Как ты уже знаешь, Ибрахим-паша отдал мне часть доходов с соляных копей и частью передал мне надзор за ними; раньше эти копи принадлежали никому иному, как Димитрию Палеологу, который пытался мошенничать с султаном: за это и наказан. Я теперь живу тем, что предназначалось нашему деспоту.*
Если бы ты знал, как я ненавижу турок, - и турки знают, что я их ненавижу: но они еще наглее католиков. Они прощают себе все, что ни делают, - у них ведь нет ни исповеди, ни настоящего покаяния, а только угроза смерти и пыток тому господину, который недостаточно словчил!
Ты знаешь, что в Город приезжал наш отец, - и что я виделся с ним? Я рад, что тебе не пришлось увидеть лицо отца в тот миг, когда он узнал, что я мусульманин! Мне показалось тогда, что он сейчас пойдет и одним ударом вышибет дух из градоначальника, – ведь ты знаешь, что Валент все еще способен на это.
Но он только обнял меня и долго держал у сердца. Я заплакал – я был готов простить отцу все, что он совершил; но потом понял, что не могу. Если я прощу отца, я предам вас всех: и его тоже.
Я уже знаю, что у турок много таких ренегатов-христиан, как Валент: они живут на два закона, и некоторые очень терзаются памятью о своем прошлом, но это не искупает их предательства. Меня ты тоже не прощай: я требую этого!
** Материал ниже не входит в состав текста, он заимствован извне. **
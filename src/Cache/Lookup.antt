-- ===== src/Cache/Lookup.antt =====
-- Skyrim/src/DecompCache.cpp: VerifyEntry, DecompCache::Lookup and ReportMappingIoFailure.
-- The bytes that a read of a mapping delivers, or `none` for a page fault, are a parameter. A thread
-- that waits for a busy entry sees the verdict of the thread that verifies it, which runs the same
-- lines on the same entry.
pub mod Intact
pub mod Served
pub mod Marks
pub mod Retired
pub mod Corrupt
pub mod Classified
pub mod Outcome
use faster_file_copy.Prelude.{
  ℕ, zero, suc, ◌+◌, ◌-◌, ◌≡◌, refl, Bool, true, false, not, ◌&&◌, ◌||◌, Option, none, some, List,
  [], ◌∷◌, ltb, leb, ◌==◌, if◌then◌else◌,
}
use faster_file_copy.Format.Checksum.{checksum}
use faster_file_copy.Policy.Warm.{is_range_warm}
use faster_file_copy.Cache.State.{
  Verification, verify_unknown, verify_busy, verify_valid, verify_invalid, MappedView, CachedEntry,
  LookupResult, ArchiveCache, DecompCacheDiagnostics, DecompCache, Settings, find, replace,
  update_view, request_flush, request_warmup,
}

pub record VerificationResult : Type 0 where
  pub valid : Bool
  pub computed : Bool
  pub waited : Bool

module _ (read : ℕ → ℕ → Option (List ℕ)) where
  -- TryChecksumMapped, and the comparison with the recorded checksum.
  unfoldable pub payload_valid : Option ℕ → ℕ → ℕ → Bool
  payload_valid none size expected = false
  payload_valid (some address) size expected =
      if size == 0 then false else elim (read address size) [
        | none ↦ false
        | some bytes ↦ checksum (some bytes) size == expected
      ]

  -- The loop over the verification byte, with the byte that it leaves.
  unfoldable pub verify_state :
      CachedEntry → Option Verification → VerificationResult × Option Verification
  verify_state e none = (record { valid = false; computed = false; waited = false }, none)
  verify_state e (some verify_valid) =
      (record { valid = true; computed = false; waited = false }, some verify_valid)
  verify_state e (some verify_invalid) =
      (record { valid = false; computed = false; waited = false }, some verify_invalid)
  verify_state e (some verify_unknown) =
      let valid = payload_valid e.data_address e.size e.checksum_value in
      (
        record { valid = valid; computed = true; waited = false },
        some (if valid then verify_valid else verify_invalid),
      )
  verify_state e (some verify_busy) =
      let valid = payload_valid e.data_address e.size e.checksum_value in
      (
        record { valid = valid; computed = false; waited = true },
        some (if valid then verify_valid else verify_invalid),
      )

  unfoldable pub verify_data : CachedEntry → Option ℕ → VerificationResult × CachedEntry
  unfolding verify_state
  verify_data e none = (record { valid = false; computed = false; waited = false }, e)
  verify_data e (some address) =
      if e.size == 0
      then (record { valid = false; computed = false; waited = false }, e)
      else (let r = verify_state e e.verification in (r.0, record e { verification = r.1 }))

  unfoldable pub verify_entry : CachedEntry → VerificationResult × CachedEntry
  unfolding verify_data
  verify_entry e = verify_data e e.data_address

abbrev pub count : Bool → ℕ → ℕ → ℕ
count measured by n = if measured then n + by else n

unfoldable pub count_checksum :
    Settings → CachedEntry → VerificationResult → DecompCacheDiagnostics → DecompCacheDiagnostics
count_checksum cfg e v d = record d {
  checksum_computations = count (cfg.measure_stats && v.computed) 1 d.checksum_computations;
  checksum_bytes = count (cfg.measure_stats && v.computed) e.size d.checksum_bytes;
  checksum_waits = count (cfg.measure_stats && v.waited) 1 d.checksum_waits;
  checksum_failures = count (cfg.measure_stats && not v.valid) 1 d.checksum_failures;
  lookup_hits = count (cfg.measure_stats && v.valid) 1 d.lookup_hits;
}

-- The exchange of diskInvalidated, and what its first setter does.
unfoldable pub invalidate : Settings → Bool → DecompCache → DecompCache
unfolding request_flush request_warmup
invalidate cfg already s =
    if already
    then s
    else request_warmup cfg (request_flush (record s { cache_epoch = s.cache_epoch + 1 }))

module _ (cfg : Settings) (read : ℕ → ℕ → Option (List ℕ)) (now : ℕ) (archive start : ℕ) where
  -- makeResult, after lastAccessMs is set, for an entry of a cache with a view.
  unfoldable pub make_result :
      DecompCache
      → ArchiveCache
      → ℕ
      → ℕ
      → CachedEntry
      → VerificationResult × CachedEntry
      → Option LookupResult × DecompCache
  unfolding count_checksum invalidate
  make_result s c v address e (r, verified) =
      let touched = record c { last_access_ms = now; index = replace c.index start verified } in
      let counted = record s { diagnostics = count_checksum cfg e r s.diagnostics } in
      if r.valid
      then (
        some (record { data_address = address; size = e.size; owner = v }),
        record counted { caches = replace s.caches archive touched },
      )
      else (
        none,
        invalidate cfg c.disk_invalidated (record counted {
          caches = replace s.caches archive (record touched { disk_invalidated = true });
          views = update_view s.views v (record (s.views v) { unusable = true });
        }),
      )

  abbrev pub cold : DecompCache → ℕ → ℕ → CachedEntry → Bool
  cold s v address e =
      cfg.prefault_decomp_cache
      && not (
          is_range_warm (address - (s.views v).base) e.size (s.views v).committed_size
            (s.views v).prefaulted_through)

  -- The tests of an entry's address. A null pointer is below every mapping's base.
  unfoldable pub lookup_address :
      DecompCache → ArchiveCache → ℕ → CachedEntry → Option ℕ → Option LookupResult × DecompCache
  lookup_address s c v e none = (
    none,
    record s {
      diagnostics = record s.diagnostics {
        lookup_invalid_misses = count cfg.measure_stats 1 s.diagnostics.lookup_invalid_misses;
      };
    },
  )
  lookup_address s c v e (some address) =
      if ltb address (s.views v).base
      then (
        none,
        record s {
          diagnostics = record s.diagnostics {
            lookup_invalid_misses = count cfg.measure_stats 1 s.diagnostics.lookup_invalid_misses;
          };
        },
      )
      else if cold s v address e
      then (
        none,
        record s {
          diagnostics = record s.diagnostics {
            lookup_cold_misses = count cfg.measure_stats 1 s.diagnostics.lookup_cold_misses;
            lookup_cold_bytes = count cfg.measure_stats e.size s.diagnostics.lookup_cold_bytes;
          };
        },
      )
      else make_result s c v address e (verify_entry read e)

  unfoldable pub lookup_entry :
      DecompCache → ArchiveCache → ℕ → Option CachedEntry → Option LookupResult × DecompCache
  lookup_entry s c v none = (
    none,
    record s {
      diagnostics = record s.diagnostics {
        lookup_entry_misses = count cfg.measure_stats 1 s.diagnostics.lookup_entry_misses;
      };
    },
  )
  lookup_entry s c v (some e) = lookup_address s c v e e.data_address

  unfoldable pub lookup_view :
      DecompCache → ArchiveCache → Option ℕ → Option LookupResult × DecompCache
  lookup_view s c none = (
    none,
    record s {
      diagnostics = record s.diagnostics {
        lookup_invalid_misses = count cfg.measure_stats 1 s.diagnostics.lookup_invalid_misses;
      };
    },
  )
  lookup_view s c (some v) =
      if (s.views v).unusable || c.disk_invalidated
      then (
        none,
        record s {
          diagnostics = record s.diagnostics {
            lookup_invalid_misses = count cfg.measure_stats 1 s.diagnostics.lookup_invalid_misses;
          };
        },
      )
      else lookup_entry s c v (find c.index start)

  unfoldable pub lookup_archive :
      DecompCache → Option ArchiveCache → Option LookupResult × DecompCache
  lookup_archive s none = (
    none,
    record s {
      diagnostics = record s.diagnostics {
        lookup_archive_misses = count cfg.measure_stats 1 s.diagnostics.lookup_archive_misses;
      };
    },
  )
  lookup_archive s (some c) = lookup_view s c c.view

  unfoldable pub lookup : DecompCache → Option LookupResult × DecompCache
  lookup s =
      lookup_archive
        (record s {
          diagnostics = record s.diagnostics {
            lookup_attempts = count cfg.measure_stats 1 s.diagnostics.lookup_attempts;
          };
        })
        (find s.caches archive)

-- The first cache with this view becomes invalid; the flag says whether it was not before.
unfoldable pub invalidate_owner : ℕ → List (ℕ × ArchiveCache) → Bool × List (ℕ × ArchiveCache)
invalidate_owner owner [] = (false, [])
invalidate_owner owner ((archive, c) ∷ m) =
    let rest = invalidate_owner owner m in
    if elim c.view [ none ↦ false | some v ↦ v == owner ]
    then (not c.disk_invalidated, (archive, record c { disk_invalidated = true }) ∷ m)
    else (rest.0, (archive, c) ∷ rest.1)

unfoldable pub report_mapping_io_failure : Settings → Option ℕ → DecompCache → DecompCache
unfolding invalidate_owner invalidate
report_mapping_io_failure cfg none s = s
report_mapping_io_failure cfg (some owner) s =
    let r = invalidate_owner owner s.caches in
    invalidate cfg (not r.0) (record s {
      caches = r.1;
      views = update_view s.views owner (record (s.views owner) { unusable = true });
    })
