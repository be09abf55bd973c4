-- ===== src/Cache/Lookup/Intact.antt =====
-- Entries whose payload has the recorded checksum, and what verification tells of them.
use faster_file_copy.Prelude.{
  ℕ, ◌≡◌, inl, inr, refl, sym, ap, ◌∙◌, true, Option, none, some, List, [], ◌∷◌, ◌==◌, All, arith,
  Bool-cases,
}
use faster_file_copy.Format.Checksum.{checksum}
use faster_file_copy.Cache.State.{
  Verification, verify_unknown, verify_busy, verify_valid, verify_invalid, CachedEntry,
  ArchiveCache, DecompCache, find, replace,
}
use faster_file_copy.Cache.Lookup.{payload_valid, verify_state, verify_data, verify_entry}

pub find-All {ℓ κ} :
    {A : Type ℓ} (P : A → Type κ) (m : List (ℕ × A)) (k : ℕ) (a : A)
    → All (λ (r : ℕ × A). P r.1) m
    → find m k ≡ some a
    → P a
unfolding find
find-All P [] k a h e = absurd (cc)
find-All P ((j, b) ∷ m) k a h e = elim (Bool-cases (j == k)) [
  | inl same ↦ let is : b ≡ a = ground arith in rw (← is) h.0
  | inr other ↦ find-All P m k a h.1 (ground arith)
]

pub replace-All {ℓ κ} :
    {A : Type ℓ} (P : A → Type κ) (m : List (ℕ × A)) (k : ℕ) (b : A)
    → All (λ (r : ℕ × A). P r.1) m
    → P b
    → All (λ (r : ℕ × A). P r.1) (replace m k b)
unfolding replace
replace-All P [] k b h p = tt
replace-All P ((j, a) ∷ m) k b h p = elim (Bool-cases (j == k)) [
  | inl same ↦ rw same (p, h.1)
  | inr other ↦ rw other (h.0, replace-All P m k b h.1 p)
]

module _ (read : ℕ → ℕ → Option (List ℕ)) where
  -- The payload can be read, and its checksum is the recorded one.
  pub record Intact (address size expected : ℕ) : Type 0 where
    pub bytes : List ℕ
    pub readable : read address size ≡ some bytes
    pub matches : checksum (some bytes) size ≡ expected

  abbrev pub EntryIntact : CachedEntry → Type 0
  EntryIntact e =
      (address : ℕ) → e.data_address ≡ some address → Intact address e.size e.checksum_value

  -- An entry that is marked as verified is intact.
  abbrev pub Marked : CachedEntry → Type 0
  Marked e = e.verification ≡ some verify_valid → EntryIntact e

  abbrev pub CacheMarked : ArchiveCache → Type 0
  CacheMarked c = All (λ (r : ℕ × CachedEntry). Marked r.1) c.index

  abbrev pub Sound : DecompCache → Type 0
  Sound s = All (λ (r : ℕ × ArchiveCache). CacheMarked r.1) s.caches

  payload_valid-Intact :
      (address size expected : ℕ) (o : Option (List ℕ))
      → read address size ≡ o
      → payload_valid read (some address) size expected ≡ true
      → Intact address size expected
  unfolding payload_valid
  payload_valid-Intact address size expected none e h = absurd (ground arith)
  payload_valid-Intact address size expected (some bytes) e h = record {
    bytes = bytes;
    readable = e;
    matches = ground arith;
  }

  verify_state-Intact :
      (e : CachedEntry) (address : ℕ) (o : Option Verification)
      → (o ≡ some verify_valid → Intact address e.size e.checksum_value)
      → e.data_address ≡ some address
      → (verify_state read e o).0.valid ≡ true
      → Intact address e.size e.checksum_value
  unfolding verify_state
  verify_state-Intact e address none m a h = absurd (cc)
  verify_state-Intact e address (some verify_valid) m a h = m refl
  verify_state-Intact e address (some verify_invalid) m a h = absurd (cc)
  verify_state-Intact e address (some verify_unknown) m a h =
      payload_valid-Intact address e.size e.checksum_value _ refl
        (ap (λ d. payload_valid read d e.size e.checksum_value) (sym a) ∙ h)
  verify_state-Intact e address (some verify_busy) m a h =
      payload_valid-Intact address e.size e.checksum_value _ refl
        (ap (λ d. payload_valid read d e.size e.checksum_value) (sym a) ∙ h)

  -- The byte that verification leaves marks the entry only if the answer is positive.
  verify_state-marks :
      (e : CachedEntry) (o : Option Verification)
      → (verify_state read e o).1 ≡ some verify_valid
      → (verify_state read e o).0.valid ≡ true
  unfolding verify_state
  verify_state-marks e none h = absurd (cc)
  verify_state-marks e (some verify_valid) h = refl
  verify_state-marks e (some verify_invalid) h = absurd (cc)
  verify_state-marks e (some verify_unknown) h = ground arith
  verify_state-marks e (some verify_busy) h = ground arith

  verify_data-Intact :
      (e : CachedEntry) (address : ℕ) (d : Option ℕ)
      → Marked e
      → e.data_address ≡ some address
      → (verify_data read e d).0.valid ≡ true
      → Intact address e.size e.checksum_value
  unfolding verify_data
  verify_data-Intact e address none m a h = absurd (cc)
  verify_data-Intact e address (some b) m a h =
      verify_state-Intact e address e.verification (λ v. m v address a) a (ground arith)

  pub verify_entry-Intact :
      (e : CachedEntry) (address : ℕ)
      → Marked e
      → e.data_address ≡ some address
      → (verify_entry read e).0.valid ≡ true
      → Intact address e.size e.checksum_value
  unfolding verify_entry
  verify_entry-Intact e address m a h = verify_data-Intact e address e.data_address m a h

  verify_data-Marked :
      (e : CachedEntry) (d : Option ℕ)
      → e.data_address ≡ d
      → Marked e
      → Marked (verify_data read e d).1
  unfolding verify_data
  verify_data-Marked e none same m = m
  verify_data-Marked e (some b) same m = elim (Bool-cases (e.size == 0)) [
    | inl empty ↦ rw empty m
    | inr full ↦ rw full (λ v address a.
        verify_state-Intact e address e.verification (λ w. m w address a) a
          (verify_state-marks e e.verification v))
  ]

  pub verify_entry-Marked : (e : CachedEntry) → Marked e → Marked (verify_entry read e).1
  unfolding verify_entry
  verify_entry-Marked e m = verify_data-Marked e e.data_address refl m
Я женился, как говорил тебе: моя единственная жена - гречанка Анна, незнатная сирота, которая была в услужении у благородных ромеев и похоронила своих господ во время осады. С этих пор она жила в гареме султана, и ее никто не касался: как многих молодых пленниц, которых турки берегут для своих. Анна одних лет со мной, неловкая и запуганная, но наша – моя – в своем сердце. Она не красавица, но приятна взгляду и умна; не учена, но я теперь ее господин и могу учить ее всему, чему пожелаю.